Repeat exactly, please, the opening lines of the data below, through and including the line where "channel_path agent channel rest" sits.

> [Stored data entries]:
● ● ● ●

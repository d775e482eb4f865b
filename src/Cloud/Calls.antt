-- ===== src/Cloud/Calls.antt =====
-- doover/src/api/data.rs: the calls of a `DataClient`, each a guard, a request and the reading of its answer.
use doover_rs.Base.{
  ℕ, String, Bool, true, false, not, ◌||◌, Option, none, some, List, [], ◌∷◌, ◌++◌, map, str_eq,
  unwrap_or, and_then, if◌then◌else◌,
}
use doover_rs.Base.Text.{append, print_u64}
use doover_rs.Errors.{DooverError, invalid_payload, other, Result, ok, err, ◌>>=◌}
use doover_rs.Json.{Value, Values, Map, null, bool, array, nil, object, end, entry, at}
use doover_rs.Processor.Payloads.{
  Readings, SubscriptionInfo, subscription_info_from, id_or_zero, text_at, ok_or,
}
use doover_rs.Cloud.{
  Method, get, post, put, patch, AggregateOptions, UpdateMessageOptions, ListMessagesQuery,
  DataClient, HttpRequest, resolve_agent_id, Sent, CloudChannel, Server, then_result, given,
  request, default_options,
}

abbrev pub channel_path : ℕ → String → String → String
channel_path agent channel rest =
    append "/agents/" (append (print_u64 agent) (append "/channels/" (append channel rest)))

abbrev pub flag_param : Bool → String → List (String × String)
flag_param true name = (name, "true") ∷ []
flag_param false name = []

abbrev pub write_method : Bool → Method
write_method true = put
write_method false = patch

abbrev pub is_channel : Option String → String → Bool
is_channel none channel = false
is_channel (some invoking) channel = str_eq invoking channel

abbrev pub aggregate_query : AggregateOptions → List (String × String)
aggregate_query opts =
    flag_param opts.suppress_response "suppress_response"
    ++ flag_param opts.clear_attachments "clear_attachments"
    ++ flag_param opts.save_log "log_update"
    ++ map (λ k. ("replace", k)) opts.replace_keys

abbrev pub bool_param : Bool → String
bool_param true = "true"
bool_param false = "false"

abbrev pub number_param : String → Option ℕ → List (String × String)
number_param name none = []
number_param name (some n) = (name, print_u64 n) ∷ []

abbrev pub list_query : ListMessagesQuery → List (String × String)
list_query q =
    number_param "before" q.before
    ++ number_param "after" q.after
    ++ number_param "limit" q.limit
    ++ map (λ k. ("field_name", k)) q.field_names

module _ {N : Type 0} where
  -- A result that must not be empty.
  abbrev pub not_empty : String → Option (Value N) → Result DooverError (Value N)
  not_empty message v = ok_or v (invalid_payload message)

  -- Whether a key of the data is not the app's.
  unfoldable pub has_other_key : Option String → Map N → Bool
  has_other_key app_key end = false
  has_other_key none (entry k v m) = true
  has_other_key (some app_key) (entry k v m) =
      not (str_eq k app_key) || has_other_key (some app_key) m

  abbrev pub outside_scope : Option String → Value N → Bool
  outside_scope app_key (object m) = has_other_key app_key m
  outside_scope app_key _ = false

  -- The guard against a processor that triggers itself.
  unfoldable pub check_invoking_channel :
      DataClient → String → Value N → Result DooverError (Unit {0})
  check_invoking_channel c channel data_value =
      if not (is_channel c.invoking_channel channel)
      then ok tt
      else if not (str_eq channel "tag_values")
      then err (other "Cannot publish to the invoking channel.")
      else if outside_scope c.app_key data_value
      then err (
          other
            "Cannot publish to tag_values outside the scope of this app without explicit enable.")
      else ok tt

  abbrev pub unless_suppressed : Bool → Option (Value N) → Option (Value N)
  unless_suppressed true v = none
  unless_suppressed false v = v

  abbrev pub with_timestamp : Readings N → Option ℕ → Map N
  with_timestamp 𝓝 none = end
  with_timestamp 𝓝 (some ts) = entry "ts" (Value.number (𝓝.of_u64 ts)) end

  abbrev pub bool_of : Value N → Bool
  bool_of (bool b) = b
  bool_of _ = false

  abbrev pub unless_null : Value N → Option (Value N)
  unless_null null = none
  unless_null v = some v

  unfoldable pub channel_from : Readings N → Value N → Result DooverError (CloudChannel N)
  channel_from 𝓝 raw = do
    name ← ok_or (text_at raw "name") (invalid_payload "channel missing name")
    ok (record {
      name = name;
      owner_id = id_or_zero 𝓝 raw "owner_id";
      is_private = unwrap_or (and_then (at raw "is_private") (λ b. some (bool_of b))) false;
      aggregate_data = and_then (and_then (at raw "aggregate") (λ a. at a "data")) unless_null;
      raw = raw;
    })

  -- An absent list is empty; `print` prints what stands in the place of a list.
  abbrev pub message_list : (Value N → String) → Option (Value N) → Result DooverError (Values N)
  message_list print none = ok nil
  message_list print (some (array items)) = ok items
  message_list print (some v) =
      err (invalid_payload (append "expected message list, got: " (print v)))

  -- The requests of a call, and then those of the next if it succeeds.
  abbrev pub go_on :
      {A B : Type 0} → Result DooverError A → List (HttpRequest N) → List ℕ → Sent N B → Sent N B
  go_on (ok _) requests waits next = record {
    requests = requests ++ next.requests;
    waits = waits ++ next.waits;
    result = next.result;
  }
  go_on (err e) requests waits next = record { requests = requests; waits = waits; result = err e }

  abbrev pub and_also : {A B : Type 0} → Sent N A → Sent N B → Sent N B
  and_also s next = go_on s.result s.requests s.waits next

  module _ (server : Server N) where
    unfoldable pub update_channel_aggregate_http :
        DataClient → String → Value N → AggregateOptions → Option ℕ → Sent N (Option (Value N))
    unfolding check_invoking_channel request
    update_channel_aggregate_http c channel data_value opts agent_id =
        given (check_invoking_channel c channel data_value) (λ _.
          given (resolve_agent_id c agent_id) (λ agent.
            then_result
              (request server c (write_method opts.replace_data)
                (channel_path agent channel "/aggregate") (some data_value) (aggregate_query opts))
              (λ v. ok (unless_suppressed opts.suppress_response v))))

    unfoldable pub create_message_http :
        Readings N → DataClient → String → Value N → Option ℕ → Option ℕ → Sent N (Value N)
    unfolding check_invoking_channel request
    create_message_http 𝓝 c channel data_value timestamp_ms agent_id =
        given (check_invoking_channel c channel data_value) (λ _.
          given (resolve_agent_id c agent_id) (λ agent.
            then_result
              (request server c post (channel_path agent channel "/messages")
                (some (object (entry "data" data_value (with_timestamp 𝓝 timestamp_ms)))) [])
              (not_empty "empty create_message response")))

    unfoldable pub update_message_http :
        DataClient
        → String
        → ℕ
        → Value N
        → UpdateMessageOptions
        → Option ℕ
        → Sent N (Option (Value N))
    unfolding request
    update_message_http c channel message_id data_value opts agent_id =
        given (resolve_agent_id c agent_id) (λ agent.
          request server c (write_method opts.replace_data)
            (channel_path agent channel (append "/messages/" (print_u64 message_id)))
            (some (object (entry "data" data_value end)))
            (flag_param opts.clear_attachments "clear_attachments"))

    -- `GET` of what a path names, which must have an answer.
    abbrev pub fetch : DataClient → String → List (String × String) → String → Sent N (Value N)
    fetch c path query message =
        then_result (request server c get path none query) (not_empty message)

    unfoldable pub fetch_channel_with :
        Readings N → DataClient → String → Bool → Option ℕ → Sent N (CloudChannel N)
    unfolding request
    fetch_channel_with 𝓝 c channel include_aggregate agent_id =
        given (resolve_agent_id c agent_id) (λ agent.
          then_result
            (fetch c (channel_path agent channel "")
              (("include_aggregate", bool_param include_aggregate) ∷ []) "empty channel response")
            (channel_from 𝓝))

    unfoldable pub fetch_channel_aggregate_raw : DataClient → String → Option ℕ → Sent N (Value N)
    unfolding request
    fetch_channel_aggregate_raw c channel agent_id =
        given (resolve_agent_id c agent_id)
          (λ agent. fetch c (channel_path agent channel "/aggregate") [] "empty aggregate response")

    unfoldable pub fetch_message : DataClient → String → ℕ → Option ℕ → Sent N (Value N)
    unfolding request
    fetch_message c channel message_id agent_id = given (resolve_agent_id c agent_id) (λ agent.
        fetch c (channel_path agent channel (append "/messages/" (print_u64 message_id))) []
          "empty message response")

    unfoldable pub list_messages :
        (Value N → String) → DataClient → String → ListMessagesQuery → Option ℕ → Sent N (Values N)
    unfolding request
    list_messages print c channel query agent_id = given (resolve_agent_id c agent_id) (λ agent.
        then_result
          (request server c get (channel_path agent channel "/messages") none (list_query query))
          (message_list print))

    unfoldable pub fetch_subscription_info :
        Readings N → DataClient → String → Sent N (SubscriptionInfo N)
    unfolding request
    fetch_subscription_info 𝓝 c subscription_id =
        then_result
          (fetch c (append "/processors/subscriptions/" subscription_id) []
            "empty subscription info")
          (subscription_info_from 𝓝)

    unfoldable pub fetch_schedule_info :
        Readings N → DataClient → String → Sent N (SubscriptionInfo N)
    unfolding request
    fetch_schedule_info 𝓝 c schedule_id =
        then_result (fetch c (append "/processors/schedules/" schedule_id) [] "empty schedule info")
          (subscription_info_from 𝓝)

    -- A `doover_connection` message, and then the aggregate.
    unfoldable pub write_connection :
        Readings N → DataClient → Value N → Option ℕ → Sent N (Option (Value N))
    unfolding create_message_http update_channel_aggregate_http
    write_connection 𝓝 c payload agent_id =
        and_also (create_message_http 𝓝 c "doover_connection" payload none agent_id)
          (update_channel_aggregate_http c "doover_connection" payload default_options agent_id)

    unfoldable pub update_connection_config :
        Readings N → DataClient → Value N → Option ℕ → Sent N (Option (Value N))
    unfolding write_connection
    update_connection_config 𝓝 c config agent_id =
        write_connection 𝓝 c (object (entry "config" config end)) agent_id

● ● ● ●

> [Answer to this task]:
repository d775e482eb4f865b
filename src/Cloud/Calls.antt
-- ===== src/Cloud/Calls.antt =====
-- doover/src/api/data.rs: the calls of a `DataClient`, each a guard, a request and the reading of its answer.
use doover_rs.Base.{
  ℕ, String, Bool, true, false, not, ◌||◌, Option, none, some, List, [], ◌∷◌, ◌++◌, map, str_eq,
  unwrap_or, and_then, if◌then◌else◌,
}
use doover_rs.Base.Text.{append, print_u64}
use doover_rs.Errors.{DooverError, invalid_payload, other, Result, ok, err, ◌>>=◌}
use doover_rs.Json.{Value, Values, Map, null, bool, array, nil, object, end, entry, at}
use doover_rs.Processor.Payloads.{
  Readings, SubscriptionInfo, subscription_info_from, id_or_zero, text_at, ok_or,
}
use doover_rs.Cloud.{
  Method, get, post, put, patch, AggregateOptions, UpdateMessageOptions, ListMessagesQuery,
  DataClient, HttpRequest, resolve_agent_id, Sent, CloudChannel, Server, then_result, given,
  request, default_options,
}

abbrev pub channel_path : ℕ → String → String → String
channel_path agent channel rest =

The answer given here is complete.